Hoe wordt het ontkalkingsproces gefactureerd?

het factureringsteam verifieert de noodzaak van de ontkalkingskosten door twee items te zoeken:

  • het woord ” ontkalkt “of de zinsnede” ingediend na ontkalking ” in de brutomschrijving / samenvatting van de cassette.
  • een ontkalkingslading aanwezig als een vlek in CoPath.

de decallading wordt automatisch gekoppeld aan bepaalde part-types zoals botbiopsie, botfragmenten, botresectie (88309), enz. In deze gevallen, als u het weefsel niet hoeft te decaleren, verwijdert u de stickerlading.

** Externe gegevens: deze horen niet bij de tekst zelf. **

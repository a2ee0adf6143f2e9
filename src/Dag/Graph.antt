-- ===== src/Dag/Graph.antt =====
-- The graph that the nodes of a Dag hold, walks in a graph, and cycles.
use mathlib.Core.WellFounded.{Acc}
use ottoflow.Prelude.{String, true, none, some, List, [], ◌≡◌, contains}
use ottoflow.Dag.{Node, find}

-- The dependents of a node by its name.
unfoldable pub successors : List Node → String → List String
unfolding find
successors ns u = elim (find u ns) [ none ↦ [] | some n ↦ n.dependents ]

pub successors-find :
    (ns : List Node) (u : String) (n : Node) → find u ns ≡ some n → successors ns u ≡ n.dependents
unfolding successors
successors-find ns u n e = rw (e, successors)

pub successors-none : (ns : List Node) (u : String) → find u ns ≡ none → successors ns u ≡ []
unfolding successors
successors-none ns u e = rw (e, successors)

-- The dependencies of a node by its name.
unfoldable pub predecessors : List Node → String → List String
unfolding find
predecessors ns u = elim (find u ns) [ none ↦ [] | some n ↦ n.dependencies ]

abbrev pub Graph : Type 1
Graph = String → String → Type 0

-- An edge from a node to each of its dependents.
abbrev pub Edge : List Node → Graph
Edge ns u w = contains w (successors ns u) ≡ true

-- A walk of one or more edges.
pub data Chain (g : Graph) : String → String → Type 0 where
  one : {a b : String} → g a b → Chain g a b
  more : {a b c : String} → g a b → Chain g b c → Chain g a c

abbrev pub Cycle : Graph → Type 0
Cycle g = (v : String) × Chain g v v

-- All walks from the node are finite.
abbrev pub IsGrounded : Graph → String → Type 0
IsGrounded g = Acc (λ w u. g u w)

module _ {g : Graph} where
  pub extend : {a b c : String} → Chain g a b → g b c → Chain g a c
  extend (one e) f = more e (one f)
  extend (more e w) f = more e (extend w f)

  pub grounded-acyclic : (v : String) → IsGrounded g v → ¬ Chain g v v
  grounded-acyclic v (Acc.intro _ h) (one e) = grounded-acyclic v (h v e) (one e)
  grounded-acyclic v (Acc.intro _ h) (more {b = w} e c) = grounded-acyclic w (h w e) (extend c e)

  -- The first edge of a walk.
  pub chain-head : {a b : String} → Chain g a b → (w : String) × g a w
  chain-head {b = b} (one e) = (b, e)
  chain-head (more {b = w} e c) = (w, e)

-- A walk of a graph is one of any larger graph.
pub Chain-map :
    {g h : Graph} → ((a b : String) → g a b → h a b) → {a b : String} → Chain g a b → Chain h a b
Chain-map f (one {a} {b} e) = one (f a b e)
Chain-map f (more {a} {b} e c) = more (f a b e) (Chain-map f c)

als de stickerlading nog niet met elkaar verbonden is (incidentele Calc ‘ s in de schildklier, leiomyoom, enz.), voeg handmatig de sticker lading in de vlek/proces veld en documenteer het in uw bruto beschrijving. U hoeft geen cassette # in CoPath op te geven, maar specificeer de decaled cassette(s) in de bruto beschrijving. De lading moet eenmaal per container worden toegevoegd, ongeacht het aantal afgeschuinde cassettes. Elke container waarvoor sticker wordt gebruikt moet de sticker “vlek hebben.”